In Bazel, none of the above use cases are supported. Users need to rely on explicit dependency declarations and excluding problematic versions to try to solve the issues above. For projects with non-trivial dependency graphs, this is expensive and hard to maintain. As the codebase evolves it will frequently lead to build and test failures that are hard to debug. If the built software is a library, it also pushes solving the same problems to consumers of the library.
Build & Test Facilities
Gradle provides many conveniences for building and testing Java & JVM projects. Bazel currently lacks built-in constructs for basic operations in JVM projects.
For example, Bazel users often rely on custom Python or shell scripts and handcrafted pom.xml files for publishing artifacts. In contrast, Gradle provides built-in support for publishing with a high-level DSL and reasonable defaults.
Testing in Bazel is also more involved as there is no test detection. Instead, users have to explicitly declare test classes or test suites to compile and run. To run multiple tests, Bazel users often rely on a custom step in their build to generate JUnit test suites. In contrast, Gradle runs all tests that it detects by default. Additionally, JUnit 5 is not officially supported in Bazel at this time while in Gradle it can be enabled with a single line of declarative code.

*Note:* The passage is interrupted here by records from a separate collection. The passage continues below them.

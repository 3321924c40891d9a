-- ===== src/Documents/Apply.antt =====
-- `applyYUpdate` of api/src/documents/documents.service.ts, in its two parts: what it does before it
-- takes the lock, and what it does under the lock and after.
use Prim.Native.String
use realtime_collaborative_e.Base.{
  ℕ, ◌-◌, ◌*◌, ◌/◌, ◌%◌, String, Bool, ◌&&◌, Option, none, some, ltb, ◌==◌, ◌===◌, if◌then◌else◌,
  Result, ok, err,
}
use realtime_collaborative_e.Cache
use realtime_collaborative_e.Lock
use realtime_collaborative_e.Documents.{
  World, State, Error, invalid_update, busy, duplicate_update, size_limit, size_warn,
  update_applied, log_threshold, limit, warn, log, compact_up_to, inc_version, load, decode, pack,
  y_state, state_key, cache_state,
}

module _ (w : World) where
  open w use {yjs, config}
  open yjs use {Bytes, YDoc, apply, encode, byte_length, gzip, from_base64}

  abbrev pub note_key : String → String
  note_key id = String.◌++◌ "doc:size:" id

  abbrev pub lock_key : String → String
  lock_key id = String.◌++◌ "lock:doc:" id

  -- The size limit and its warning; a document over the limit is written all the same.
  unfoldable pub note_size : State w → ℕ → String → ℕ → State w
  note_size s now id bytes =
      if ltb config.max_state_bytes bytes
      then record (log w s (size_limit bytes)) {
        notes =
            w.notes.set_ex s.notes now (note_key id) (record { level = limit; bytes = bytes })
              120000;
      }
      else if ltb (config.max_state_bytes * 4 / 5) bytes
      then record (log w s (size_warn bytes)) {
        notes =
            w.notes.set_ex s.notes now (note_key id) (record { level = warn; bytes = bytes })
              120000;
      }
      else record s { notes = w.notes.del s.notes (note_key id) }

  -- Before the lock: the stored document with the update applied, and the update decoded.
  unfoldable pub prepare : State w → ℕ → String → String → State w × Result Error (YDoc × Bytes)
  prepare s now id update_b64 =
      let update = decode w (from_base64 update_b64) in
      elim (apply (load w (w.contents.find s.contents id)) update) [
        | none ↦ (s, err invalid_update)
        | some d ↦ (note_size s now id (byte_length (encode d)), ok (d, update))
      ]

  -- The log has a row of the document with the sequence number already.
  abbrev pub is_taken : State w → String → ℕ → Bool
  is_taken s id seq =
      ltb 0 (w.updates.count s.updates (λ r. (r.document_id === id) && (r.seq == seq)))

  abbrev pub insert : State w → String → ℕ → Bytes → State w
  insert s id seq update = record s {
    updates =
        w.updates.create s.updates (record { document_id = id; seq = seq; update = gzip update });
  }

  -- `DocumentUpdateRepository.append`, which throws on a duplicate of the unique index
  -- `(documentId, seq)`.
  abbrev pub append : State w → String → ℕ → Bytes → Option (State w)
  append s id seq update = if is_taken s id seq then none else some (insert s id seq update)

  abbrev pub upsert_state : State w → String → YDoc → State w
  upsert_state s id d = record s { contents = w.contents.upsert s.contents id (pack w d) }

  -- `seq % takeEvery === 0`, which is false where `takeEvery` is 0.
  abbrev pub take_snapshot : State w → String → ℕ → YDoc → State w
  take_snapshot s id seq d =
      if ltb 0 config.snapshot_every && (seq % config.snapshot_every) == 0
      then record s {
        snaps = w.snaps.create s.snaps (record { document_id = id; seq = seq; content = pack w d });
      }
      else s

  -- The transaction, and the sequence number that it gave the update. An error aborts it, and nothing
  -- of it is written.
  unfoldable pub transact : State w → String → YDoc → Bytes → Option (State w × ℕ)
  transact s id d update =
      let (s', seq) = inc_version w s id in
      elim (append s' id seq update) [
        | none ↦ none
        | some s'' ↦ some (take_snapshot (upsert_state s'' id d) id seq d, seq)
      ]

  unfoldable pub compact : State w → String → ℕ → State w
  compact s id seq =
      if ltb config.update_keep seq then compact_up_to w s id (seq - config.update_keep) else s

  -- Metrics, and the caches refreshed.
  unfoldable pub publish : State w → ℕ → String → YDoc → Bytes → State w
  publish s now id d update =
      let total = w.updates.count s.updates (λ r. r.document_id === id) in
      let s' = if ltb config.alert_threshold total then log w s (log_threshold total) else s in
      let s'' = log w s' (update_applied (byte_length update)) in
      cache_state w
        (record s'' {
          memory = Cache.del s''.memory (state_key w id);
          states = w.states.del s''.states (state_key w id);
        })
        now id (y_state w d)

  abbrev pub release_lock : State w → ℕ → String → String → State w
  release_lock s now id token = record s {
    locks = Lock.release w.locks s.locks now (lock_key id) token;
  }

  abbrev pub after_transact :
      State w
      → ℕ
      → String
      → String
      → YDoc
      → Bytes
      → Option (State w × ℕ)
      → State w × Result Error (Unit {0})
  after_transact s now id token d update none = (release_lock s now id token, err duplicate_update)
  after_transact s now id token d update (some (s', seq)) =
      (publish (release_lock (compact s' id seq) now id token) now id d update, ok tt)

  -- Under the lock, and after its release.
  unfoldable pub locked :
      State w → ℕ → String → String → YDoc → Bytes → State w × Result Error (Unit {0})
  locked s now id token d update = after_transact s now id token d update (transact s id d update)

  -- With the lock service's answer: its keys, and the token if it gave the lock.
  abbrev pub with_lock :
      State w
      → ℕ
      → String
      → YDoc
      → Bytes
      → w.locks.Store × Option String
      → State w × Result Error (Unit {0})
  with_lock s now id d update (locks, none) = (record s { locks = locks }, err busy)
  with_lock s now id d update (locks, some t) =
      locked (record s { locks = locks }) now id t d update

  unfoldable pub commit :
      State w → ℕ → String → String → YDoc → Bytes → State w × Result Error (Unit {0})
  commit s now id token d update =
      with_lock s now id d update (Lock.acquire w.locks s.locks now (lock_key id) token 5000)

  abbrev pub after_prepare :
      ℕ
      → String
      → String
      → State w × Result Error (YDoc × Bytes)
      → State w × Result Error (Unit {0})
  after_prepare now id token (s, err e) = (s, err e)
  after_prepare now id token (s, ok (d, update)) = commit s now id token d update

  -- `token` is the text that the lock service draws.
  unfoldable pub apply_y_update :
      State w → ℕ → String → String → String → State w × Result Error (Unit {0})
  apply_y_update s now id token update_b64 =
      after_prepare now id token (prepare s now id update_b64)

Gradle is supported out of the box in Intellij IDEA and an official plugin exists for Eclipse. Red Hat provides support for Java including Gradle support in Visual Studio Code. Bazel provides an official plugin only for IDEA. Currently, the Bazel support for IDEA is on a “best-effort” basis for macOS and it is not supported on Windows. The official Eclipse support for Bazel is unmaintained.
Spring Boot Support
Spring Boot Gradle Plugin is maintained by Spring Team. At this time only unofficial Spring Boot rules and examples exist for Bazel.

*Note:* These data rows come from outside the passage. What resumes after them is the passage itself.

-- ===== src/Documents/Rebuild.antt =====
-- The rebuild of a document from its update log: `processSnapshot` of
-- api/src/jobs/document-jobs.service.ts and `validateAndRepair` of
-- api/src/documents/documents.service.ts.
-- The loop over the batches has fuel; `none` means that it ran out.
use realtime_collaborative_e.Base.{
  ℕ, zero, suc, String, Bool, true, false, ◌&&◌, not, Option, none, some, List, [], ◌∷◌, ltb, ◌==◌,
  ◌===◌, if◌then◌else◌, length,
}
use realtime_collaborative_e.Documents.{
  World, State, Content, LogRow, snapshot_regenerated, repaired, log, list_asc, pack, y_state,
  cache_state,
}

module _ (w : World) where
  open w use {yjs}
  open yjs use {Bytes, YDoc, empty, apply, gunzip, sha256, no_bytes}

  -- One row, in its `try`: a row that fails moves neither the document nor the cursor.
  unfoldable pub replay_row : YDoc × ℕ → LogRow Bytes → YDoc × ℕ
  replay_row (d, cursor) r = elim (gunzip r.update) [
    | none ↦ (d, cursor)
    | some b ↦ elim (apply d b) [ none ↦ (d, cursor) | some d' ↦ (d', r.seq) ]
  ]

  unfoldable pub replay_batch : YDoc × ℕ → List (LogRow Bytes) → YDoc × ℕ
  replay_batch p [] = p
  replay_batch p (r ∷ rs) = replay_batch (replay_row p r) rs

  -- `while (true)` over batches of `most` rows.
  unfoldable pub rebuild_loop : ℕ → ℕ → State w → String → YDoc × ℕ → Option (YDoc × ℕ)
  rebuild_loop zero most s id p = none
  rebuild_loop (suc fuel) most s id p =
      let batch = list_asc w s id p.1 most in
      let rest = rebuild_loop fuel most s id (replay_batch p batch) in
      if length batch == 0
      then some p
      else if ltb (length batch) most
      then some (replay_batch p batch)
      else rest

  unfoldable pub rebuild : ℕ → State w → String → Option (YDoc × ℕ)
  unfolding rebuild_loop
  rebuild fuel s id = rebuild_loop fuel 1000 s id (empty, 0)

  abbrev pub store_rebuilt : State w → String → YDoc → State w
  store_rebuilt s id d = record s { contents = w.contents.upsert s.contents id (pack w d) }

  -- `processSnapshot`
  unfoldable pub process_snapshot : ℕ → State w → String → Option (State w)
  process_snapshot fuel s id = elim (rebuild fuel s id) [
    | none ↦ none
    | some (d, cursor) ↦ some (log w (store_rebuilt s id d) snapshot_regenerated)
  ]

  abbrev pub raw_of : Content Bytes → Bytes
  raw_of rec = elim (gunzip rec.state) [ none ↦ no_bytes | some b ↦ b ]

  -- `validateAndRepair`, with whether it repaired.
  unfoldable pub validate_and_repair : ℕ → State w → ℕ → String → Option (State w × Bool)
  validate_and_repair fuel s now id = elim (w.contents.find s.contents id) [
    | none ↦ some (s, false)
    | some rec ↦
        if not (rec.checksum === "") && (sha256 (raw_of rec) === rec.checksum)
        then some (s, false)
        else elim (rebuild fuel s id) [
          | none ↦ none
          | some (d, cursor) ↦
              some
                (cache_state w (log w (store_rebuilt s id d) repaired) now id (y_state w d), true)
        ]
  ]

Kotlin plugin for Gradle is officially supported and maintained by JetBrains and the vast majority of Kotlin projects use Gradle. Bazel provides official build rules for Kotlin. Kotlin Multiplatform makes use of the built-in variant-aware dependency management that Gradle offers.
The Gradle Build Tool is the most popular build tool for open-source JVM projects on GitHub. Most Java developers use it regularly according to the State of Developer Ecosystem 2019 survey by Jetbrains. Gradle Build Tool downloads have doubled roughly every year since 2013 and it is now downloaded more than 15 million times per month. The Gradle Build Tool has a significantly larger plugin ecosystem (>4300 Gradle community plugins vs >120 Bazel rules maintained by either Google or the community).

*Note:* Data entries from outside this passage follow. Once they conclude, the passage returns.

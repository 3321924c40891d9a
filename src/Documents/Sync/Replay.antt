-- ===== src/Documents/Sync/Replay.antt =====
-- The loop of the rebuild, over a log whose rows all apply and ascend in their sequence numbers.
use realtime_collaborative_e.Base.{
  ℕ, zero, suc, ◌≤◌, ◌<◌, String, ◌≡◌, refl, sym, ap, ◌∙◌, ◌&&◌, Option, some, List, [], ◌∷◌, ◌++◌,
  ltb, ltb→lt, lt→ltb, ◌==◌, ==_iff, All-append, ◌===◌, arith, filter, take, drop, length, All,
  filter-append, filter-and, take-append-drop, length-take, length-drop, Bool-cases, inl, inr,
}
use mathlib.Core.List.{append_assoc}
use realtime_collaborative_e.Platform.{Ascends}
use realtime_collaborative_e.Documents.{World, State, LogRow, list_asc}
use realtime_collaborative_e.Documents.Rebuild.{replay_row, replay_batch, rebuild_loop}

module _ (w : World) where
  open w use {yjs}
  open yjs use {Bytes, YDoc, empty, apply, gunzip}

  abbrev pub Rows : Type 0
  Rows = List (LogRow Bytes)

  abbrev pub seq_of : LogRow Bytes → ℕ
  seq_of r = r.seq

  -- The rows of a document, in the order in which they were appended.
  abbrev pub rows_of : State w → String → Rows
  rows_of s id = filter (λ r. r.document_id === id) (w.updates.rows s.updates)

  -- Every row of the list applies, one after the other, and leads from the first document to the
  -- second.
  abbrev pub Runs : YDoc → Rows → YDoc → Type 0
  Runs d [] e = d ≡ e
  Runs d (r ∷ rs) e =
      (b : Bytes) × (d' : YDoc) × (gunzip r.update ≡ some b) × (apply d b ≡ some d') × Runs d' rs e

  -- The sequence number of the last row, or the cursor before them.
  abbrev pub last_seq : ℕ → Rows → ℕ
  last_seq n [] = n
  last_seq n (r ∷ rs) = last_seq r.seq rs

  Ascends-le-last : (n : ℕ) (xs : Rows) → Ascends seq_of n xs → n ≤ last_seq n xs
  Ascends-le-last n [] a = omega arith
  Ascends-le-last n (r ∷ xs) (h, a) = omega (arith, Ascends-le-last r.seq xs a)

  pub Ascends-All : (n : ℕ) (xs : Rows) → Ascends seq_of n xs → All (λ r. r.seq ≤ last_seq n xs) xs
  Ascends-All n [] a = tt
  Ascends-All n (r ∷ xs) (h, a) = (Ascends-le-last r.seq xs a, Ascends-All r.seq xs a)

  Ascends-drop :
      (k n : ℕ) (xs : Rows)
      → Ascends seq_of n xs
      → Ascends seq_of (last_seq n (take k xs)) (drop k xs)
  Ascends-drop zero n xs a = a
  Ascends-drop (suc k) n [] a = tt
  Ascends-drop (suc k) n (r ∷ xs) (h, a) = Ascends-drop k r.seq xs a

  Ascends-take : (k n : ℕ) (xs : Rows) → Ascends seq_of n xs → Ascends seq_of n (take k xs)
  Ascends-take zero n xs a = tt
  Ascends-take (suc k) n [] a = tt
  Ascends-take (suc k) n (r ∷ xs) (h, a) = (h, Ascends-take k r.seq xs a)

  Ascends-mono : (m n : ℕ) (xs : Rows) → m ≤ n → Ascends seq_of n xs → Ascends seq_of m xs
  Ascends-mono m n [] h a = tt
  Ascends-mono m n (r ∷ xs) h (l, a) = (omega arith, a)

  filter-above : (n : ℕ) (xs : Rows) → Ascends seq_of n xs → filter (λ r. ltb n r.seq) xs ≡ xs
  filter-above n [] a = refl
  filter-above n (r ∷ xs) (h, a) =
      rw (lt→ltb n r.seq h)
        (ap (◌∷◌ r) (filter-above n xs (Ascends-mono n r.seq xs (omega arith) a)))

  filter-below : (n : ℕ) (xs : Rows) → All (λ r. r.seq ≤ n) xs → filter (λ r. ltb n r.seq) xs ≡ []
  filter-below n [] a = refl
  filter-below n (r ∷ xs) (h, a) = ground (arith, filter-below n xs a)

  All-le : (m n : ℕ) (xs : Rows) → m ≤ n → All (λ r. r.seq ≤ m) xs → All (λ r. r.seq ≤ n) xs
  All-le m n [] h a = tt
  All-le m n (r ∷ xs) h (l, a) = (omega arith, All-le m n xs h a)

  Runs-split :
      (k : ℕ) (d e : YDoc) (xs : Rows)
      → Runs d xs e
      → (m : YDoc) × Runs d (take k xs) m × Runs m (drop k xs) e
  Runs-split zero d e xs r = (d, refl, r)
  Runs-split (suc k) d e [] r = (d, refl, r)
  Runs-split (suc k) d e (x ∷ xs) (b, d', g, a, r) =
      let (m, front, back) = Runs-split k d' e xs r in (m, (b, d', g, a, front), back)

  pub Runs-append :
      (d e e' : YDoc) (xs : Rows) (r : LogRow Bytes) (b : Bytes)
      → Runs d xs e
      → gunzip r.update ≡ some b
      → apply e b ≡ some e'
      → Runs d (xs ++ r ∷ []) e'
  Runs-append d e e' [] r b p g a = (b, e', g, rw p a, refl)
  Runs-append d e e' (x ∷ xs) r b (c, d', g', a', p) g a =
      (c, d', g', a', Runs-append d' e e' xs r b p g a)

  pub Ascends-append :
      (n m : ℕ) (xs : Rows) (r : LogRow Bytes)
      → Ascends seq_of n xs
      → last_seq n xs ≤ m
      → m < r.seq
      → Ascends seq_of n (xs ++ r ∷ []) × (last_seq n (xs ++ r ∷ []) ≡ r.seq)
  Ascends-append n m [] r a h l = ((omega arith, tt), refl)
  Ascends-append n m (x ∷ xs) r (k, a) h l =
      let (up, end) = Ascends-append x.seq m xs r a h l in ((k, up), end)

  replay_row-applied :
      (x : LogRow Bytes) (d d' : YDoc) (n : ℕ) (b : Bytes)
      → gunzip x.update ≡ some b
      → apply d b ≡ some d'
      → replay_row w (d, n) x ≡ (d', x.seq)
  unfolding replay_row
  replay_row-applied x d d' n b g a = rw (g, a, replay_row)

  replay_batch-Runs :
      (xs : Rows) (d e : YDoc) (n : ℕ) → Runs d xs e → replay_batch w (d, n) xs ≡ (e, last_seq n xs)
  unfolding replay_batch
  replay_batch-Runs [] d e n r = ap (λ x. (x, n)) r
  replay_batch-Runs (x ∷ xs) d e n (b, d', g, a, r) =
      ap (λ p. replay_batch w p xs) (replay_row-applied x d d' n b g a)
      ∙ replay_batch-Runs xs d' e x.seq r

  -- What a batch lists: the rows behind the cursor, up to the limit.
  list_asc-rest :
      (s : State w) (id : String) (pre rest : Rows) (n most : ℕ)
      → rows_of s id ≡ pre ++ rest
      → All (λ r. r.seq ≤ n) pre
      → Ascends seq_of n rest
      → list_asc w s id n most ≡ take most rest
  list_asc-rest s id pre rest n most e below above =
      let same : filter (λ r. (r.document_id === id) && ltb n r.seq) (w.updates.rows s.updates)
          ≡ rest =
        filter-and (λ r. r.document_id === id) (λ r. ltb n r.seq) (w.updates.rows s.updates)
        ∙ ap (filter (λ r. ltb n r.seq)) e
        ∙ filter-append (λ r. ltb n r.seq) pre rest
        ∙ rw (filter-below n pre below) (filter-above n rest above) in
      w.updates.find_asc-Ascends s.updates _ seq_of most n (rw same above) ∙ ap (take most) same

  last_seq-append : (n : ℕ) (xs ys : Rows) → last_seq n (xs ++ ys) ≡ last_seq (last_seq n xs) ys
  last_seq-append n [] ys = refl
  last_seq-append n (x ∷ xs) ys = last_seq-append x.seq xs ys

  -- A batch shorter than the limit is all that was left.
  take_all : (k : ℕ) (xs : Rows) → length (take k xs) < k → drop k xs ≡ []
  take_all zero xs h = absurd (omega arith)
  take_all (suc k) [] h = refl
  take_all (suc k) (x ∷ xs) h = take_all k xs (omega arith)

  last_seq-split :
      (k n : ℕ) (xs : Rows) → last_seq (last_seq n (take k xs)) (drop k xs) ≡ last_seq n xs
  last_seq-split zero n xs = refl
  last_seq-split (suc k) n [] = refl
  last_seq-split (suc k) n (x ∷ xs) = last_seq-split k x.seq xs

  take_none : (k : ℕ) (xs : Rows) → 0 < k → length (take k xs) ≡ 0 → xs ≡ []
  take_none zero xs p h = absurd (omega arith)
  take_none (suc k) [] p h = refl
  take_none (suc k) (x ∷ xs) p h = absurd (omega arith)

  Runs-nil :
      (n : ℕ) (d e : YDoc) (xs : Rows)
      → xs ≡ []
      → Runs d xs e
      → ◌≡◌ {A = Option (YDoc × ℕ)} (some (d, n)) (some (e, last_seq n xs))
  Runs-nil n d e [] h r = ap (λ x. some (x, n)) r
  Runs-nil n d e (x ∷ xs) h r = cc

  module _ (s : State w) (id : String) (most : ℕ) where
    -- With a row of fuel for each row that is left, and one more, the loop replays them all.
    pub rebuild_loop-Runs :
        (fuel : ℕ) (pre rest : Rows) (d e : YDoc) (n : ℕ)
        → 0 < most
        → rows_of s id ≡ pre ++ rest
        → All (λ r. r.seq ≤ n) pre
        → Ascends seq_of n rest
        → Runs d rest e
        → length rest < fuel
        → rebuild_loop w fuel most s id (d, n) ≡ some (e, last_seq n rest)
    unfolding rebuild_loop
    rebuild_loop-Runs zero pre rest d e n pos eq below above runs room = absurd (omega arith)
    rebuild_loop-Runs (suc fuel) pre rest d e n pos eq below above runs room =
        let batch = take most rest in
        let listed = list_asc-rest s id pre rest n most eq below above in
        let (m, front, back) = Runs-split most d e rest runs in
        let replayed = replay_batch-Runs batch d m n front in
        let up = Ascends-take most n rest above in
        rw listed (elim (Bool-cases (length batch == 0)) [
          | inl none_left ↦
              rw none_left
                (Runs-nil n d e rest (take_none most rest pos ((==_iff _ 0).0 none_left)) runs)
          | inr some_left ↦ elim (Bool-cases (ltb (length batch) most)) [
            | inl short ↦
                rw (some_left, short, replayed)
                  (Runs-nil (last_seq n batch) m e (drop most rest)
                      (take_all most rest (ltb→lt (length batch) most short)) back
                    ∙ ap (λ k. some (e, k)) (last_seq-split most n rest))
            | inr full ↦
                rw (some_left, full, replayed)
                  (rebuild_loop-Runs fuel (pre ++ batch) (drop most rest) m e (last_seq n batch) pos
                      (eq
                        ∙ ap (◌++◌ pre) (sym (take-append-drop most rest))
                        ∙ sym (append_assoc pre batch _))
                      (All-append (λ r. r.seq ≤ last_seq n batch) pre batch
                        (All-le n (last_seq n batch) pre (Ascends-le-last n batch up) below)
                        (Ascends-All n batch up))
                      (Ascends-drop most n rest above) back
                      (ground (arith, length-drop most rest, length-take most rest))
                    ∙ ap (λ k. some (e, k)) (last_seq-split most n rest))
          ]
        ])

Both Gradle and Bazel are fast build systems with significant advantages compared to Maven, with Gradle Enterprise for Maven narrowing that gap. While we see a lot of merit in Bazel’s approach, particularly for extremely large monorepos like the one at Google, the analysis above suggests that Gradle is a better choice than Bazel for most JVM projects. Here is a summary of the key reasons:
- Gradle is faster than Bazel in almost all of the projects and scenarios measured including large monolith projects consisting of millions lines of code. This performance advantage arises from a number of factors including a deep integration with the Java toolchain.
- Optimizing projects for Bazel comes at a significant cost for build authoring and maintenance due to fine-grained and verbose build file declarations, which is not the case with Gradle. Taking full advantage of Bazel’s performance optimizations is impractical for most existing projects, especially without additional tooling that does not exist for JVM builds.
- Gradle provides more compelling features and conveniences for common use cases in JVM projects, including critical capabilities for dependency management and tool integration. Bazel currently lacks support for basic capabilities expected from a JVM build tool such as the ability to easily run all tests or publish artifacts.
Whether you are using Gradle or Bazel to improve your developer productivity, choosing the faster build tool is not enough if not combined with a dedicated and continuous effort to keep your toolchain fast and reliable. This is why we recommend embracing the discipline of Developer Productivity Engineering and a culture of developer productivity at all levels.